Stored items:
• • • • •

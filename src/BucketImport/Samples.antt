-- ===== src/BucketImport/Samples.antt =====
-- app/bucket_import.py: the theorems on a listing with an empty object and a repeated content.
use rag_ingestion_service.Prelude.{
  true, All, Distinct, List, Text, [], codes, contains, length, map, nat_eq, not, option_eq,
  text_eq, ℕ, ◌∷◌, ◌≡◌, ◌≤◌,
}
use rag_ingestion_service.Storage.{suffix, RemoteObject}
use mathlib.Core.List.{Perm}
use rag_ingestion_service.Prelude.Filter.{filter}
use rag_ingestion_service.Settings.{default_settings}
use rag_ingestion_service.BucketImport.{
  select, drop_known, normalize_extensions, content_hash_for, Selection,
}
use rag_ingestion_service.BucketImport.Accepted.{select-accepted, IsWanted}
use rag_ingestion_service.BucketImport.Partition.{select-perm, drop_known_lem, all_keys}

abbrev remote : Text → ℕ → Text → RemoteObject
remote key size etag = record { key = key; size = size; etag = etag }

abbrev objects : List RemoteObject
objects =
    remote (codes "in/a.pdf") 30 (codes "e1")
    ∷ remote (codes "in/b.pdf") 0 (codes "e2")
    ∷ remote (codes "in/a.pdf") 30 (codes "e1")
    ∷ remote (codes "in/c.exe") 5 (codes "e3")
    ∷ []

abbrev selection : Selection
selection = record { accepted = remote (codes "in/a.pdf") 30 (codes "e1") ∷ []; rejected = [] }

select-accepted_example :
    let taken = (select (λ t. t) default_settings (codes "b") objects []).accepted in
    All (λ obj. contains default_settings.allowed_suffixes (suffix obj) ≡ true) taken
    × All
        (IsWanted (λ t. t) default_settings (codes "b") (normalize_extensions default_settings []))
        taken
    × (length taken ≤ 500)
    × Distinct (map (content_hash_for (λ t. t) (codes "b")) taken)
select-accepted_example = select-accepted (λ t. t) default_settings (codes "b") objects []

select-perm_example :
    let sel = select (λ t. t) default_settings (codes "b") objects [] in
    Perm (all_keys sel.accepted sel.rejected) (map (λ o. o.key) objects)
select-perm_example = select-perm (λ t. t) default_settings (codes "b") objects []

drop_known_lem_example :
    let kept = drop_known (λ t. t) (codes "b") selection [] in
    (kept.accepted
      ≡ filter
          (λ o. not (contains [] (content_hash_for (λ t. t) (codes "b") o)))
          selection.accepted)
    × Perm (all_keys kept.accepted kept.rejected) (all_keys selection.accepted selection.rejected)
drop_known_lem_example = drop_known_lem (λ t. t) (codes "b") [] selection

• • • • •

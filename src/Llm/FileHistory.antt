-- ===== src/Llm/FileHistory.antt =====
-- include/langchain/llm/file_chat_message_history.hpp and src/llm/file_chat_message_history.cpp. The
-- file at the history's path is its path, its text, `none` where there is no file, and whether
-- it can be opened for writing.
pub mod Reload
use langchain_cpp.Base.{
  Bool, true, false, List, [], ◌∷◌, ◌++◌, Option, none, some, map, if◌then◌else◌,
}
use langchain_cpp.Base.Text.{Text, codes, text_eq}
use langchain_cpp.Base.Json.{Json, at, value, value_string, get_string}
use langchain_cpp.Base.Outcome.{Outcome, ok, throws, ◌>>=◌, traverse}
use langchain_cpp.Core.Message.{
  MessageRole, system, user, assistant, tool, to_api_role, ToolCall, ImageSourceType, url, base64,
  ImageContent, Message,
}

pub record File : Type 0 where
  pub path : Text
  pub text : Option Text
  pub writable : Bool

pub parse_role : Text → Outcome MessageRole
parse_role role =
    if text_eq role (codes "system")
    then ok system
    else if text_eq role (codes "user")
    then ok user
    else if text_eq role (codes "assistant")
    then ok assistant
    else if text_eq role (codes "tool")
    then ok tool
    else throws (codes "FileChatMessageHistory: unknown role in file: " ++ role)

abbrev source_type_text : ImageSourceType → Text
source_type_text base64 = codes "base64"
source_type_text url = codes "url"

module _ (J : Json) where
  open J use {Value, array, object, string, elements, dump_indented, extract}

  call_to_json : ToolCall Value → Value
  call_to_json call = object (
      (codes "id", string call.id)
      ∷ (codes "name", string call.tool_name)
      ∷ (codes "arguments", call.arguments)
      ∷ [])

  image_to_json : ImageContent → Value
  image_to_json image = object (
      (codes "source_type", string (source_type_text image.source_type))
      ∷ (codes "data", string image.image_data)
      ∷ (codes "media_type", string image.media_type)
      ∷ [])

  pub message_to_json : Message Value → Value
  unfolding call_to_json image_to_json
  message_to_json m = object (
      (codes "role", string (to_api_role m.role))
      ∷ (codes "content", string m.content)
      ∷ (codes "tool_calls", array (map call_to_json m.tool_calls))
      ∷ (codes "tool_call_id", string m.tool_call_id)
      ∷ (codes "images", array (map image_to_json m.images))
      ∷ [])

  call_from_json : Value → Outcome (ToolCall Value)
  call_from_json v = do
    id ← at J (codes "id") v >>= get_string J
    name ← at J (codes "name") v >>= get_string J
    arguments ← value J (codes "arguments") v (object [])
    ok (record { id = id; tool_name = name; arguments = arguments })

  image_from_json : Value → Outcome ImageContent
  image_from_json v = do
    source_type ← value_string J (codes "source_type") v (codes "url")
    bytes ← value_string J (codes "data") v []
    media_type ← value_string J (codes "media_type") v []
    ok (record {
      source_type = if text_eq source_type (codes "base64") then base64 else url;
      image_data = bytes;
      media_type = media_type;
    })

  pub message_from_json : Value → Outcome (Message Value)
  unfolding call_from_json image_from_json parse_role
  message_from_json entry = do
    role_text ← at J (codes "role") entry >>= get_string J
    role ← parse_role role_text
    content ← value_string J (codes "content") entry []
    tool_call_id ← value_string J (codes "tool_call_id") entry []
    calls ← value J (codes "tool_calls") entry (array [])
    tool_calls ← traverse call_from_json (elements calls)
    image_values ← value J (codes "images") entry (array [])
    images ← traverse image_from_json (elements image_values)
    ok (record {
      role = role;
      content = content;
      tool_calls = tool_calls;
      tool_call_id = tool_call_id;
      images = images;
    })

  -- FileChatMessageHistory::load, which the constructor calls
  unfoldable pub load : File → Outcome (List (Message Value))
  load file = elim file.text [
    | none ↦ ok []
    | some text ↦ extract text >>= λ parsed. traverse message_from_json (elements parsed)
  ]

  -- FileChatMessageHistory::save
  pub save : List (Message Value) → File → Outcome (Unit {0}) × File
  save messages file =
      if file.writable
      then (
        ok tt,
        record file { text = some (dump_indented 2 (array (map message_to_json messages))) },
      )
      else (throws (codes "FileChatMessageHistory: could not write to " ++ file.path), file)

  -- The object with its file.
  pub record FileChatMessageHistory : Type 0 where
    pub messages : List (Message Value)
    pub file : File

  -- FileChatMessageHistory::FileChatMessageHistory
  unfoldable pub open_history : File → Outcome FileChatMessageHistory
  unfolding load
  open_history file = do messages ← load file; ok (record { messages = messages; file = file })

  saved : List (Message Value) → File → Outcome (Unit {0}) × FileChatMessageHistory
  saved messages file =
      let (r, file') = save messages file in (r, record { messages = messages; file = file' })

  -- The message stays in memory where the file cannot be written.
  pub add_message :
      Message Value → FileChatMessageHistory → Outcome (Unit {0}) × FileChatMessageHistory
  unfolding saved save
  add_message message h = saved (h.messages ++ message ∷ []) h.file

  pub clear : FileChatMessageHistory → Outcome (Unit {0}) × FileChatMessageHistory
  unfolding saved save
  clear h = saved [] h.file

• • • • •

WORK INSTRUCTION: All that is wanted is an exact copy of the lines above from the one with "filename src/BucketImport/Samples.antt" through the one with "Distinct (map (content_hash_for", with both ends included.

ANSWER SECTION:
filename src/BucketImport/Samples.antt
-- ===== src/BucketImport/Samples.antt =====
-- app/bucket_import.py: the theorems on a listing with an empty object and a repeated content.
use rag_ingestion_service.Prelude.{
  true, All, Distinct, List, Text, [], codes, contains, length, map, nat_eq, not, option_eq,
  text_eq, ℕ, ◌∷◌, ◌≡◌, ◌≤◌,
}
use rag_ingestion_service.Storage.{suffix, RemoteObject}
use mathlib.Core.List.{Perm}
use rag_ingestion_service.Prelude.Filter.{filter}
use rag_ingestion_service.Settings.{default_settings}
use rag_ingestion_service.BucketImport.{
  select, drop_known, normalize_extensions, content_hash_for, Selection,
}
use rag_ingestion_service.BucketImport.Accepted.{select-accepted, IsWanted}
use rag_ingestion_service.BucketImport.Partition.{select-perm, drop_known_lem, all_keys}

abbrev remote : Text → ℕ → Text → RemoteObject
remote key size etag = record { key = key; size = size; etag = etag }

abbrev objects : List RemoteObject
objects =
    remote (codes "in/a.pdf") 30 (codes "e1")
    ∷ remote (codes "in/b.pdf") 0 (codes "e2")
    ∷ remote (codes "in/a.pdf") 30 (codes "e1")
    ∷ remote (codes "in/c.exe") 5 (codes "e3")
    ∷ []

abbrev selection : Selection
selection = record { accepted = remote (codes "in/a.pdf") 30 (codes "e1") ∷ []; rejected = [] }

select-accepted_example :
    let taken = (select (λ t. t) default_settings (codes "b") objects []).accepted in
    All (λ obj. contains default_settings.allowed_suffixes (suffix obj) ≡ true) taken
    × All
        (IsWanted (λ t. t) default_settings (codes "b") (normalize_extensions default_settings []))
        taken
    × (length taken ≤ 500)
    × Distinct (map (content_hash_for (λ t. t) (codes "b")) taken)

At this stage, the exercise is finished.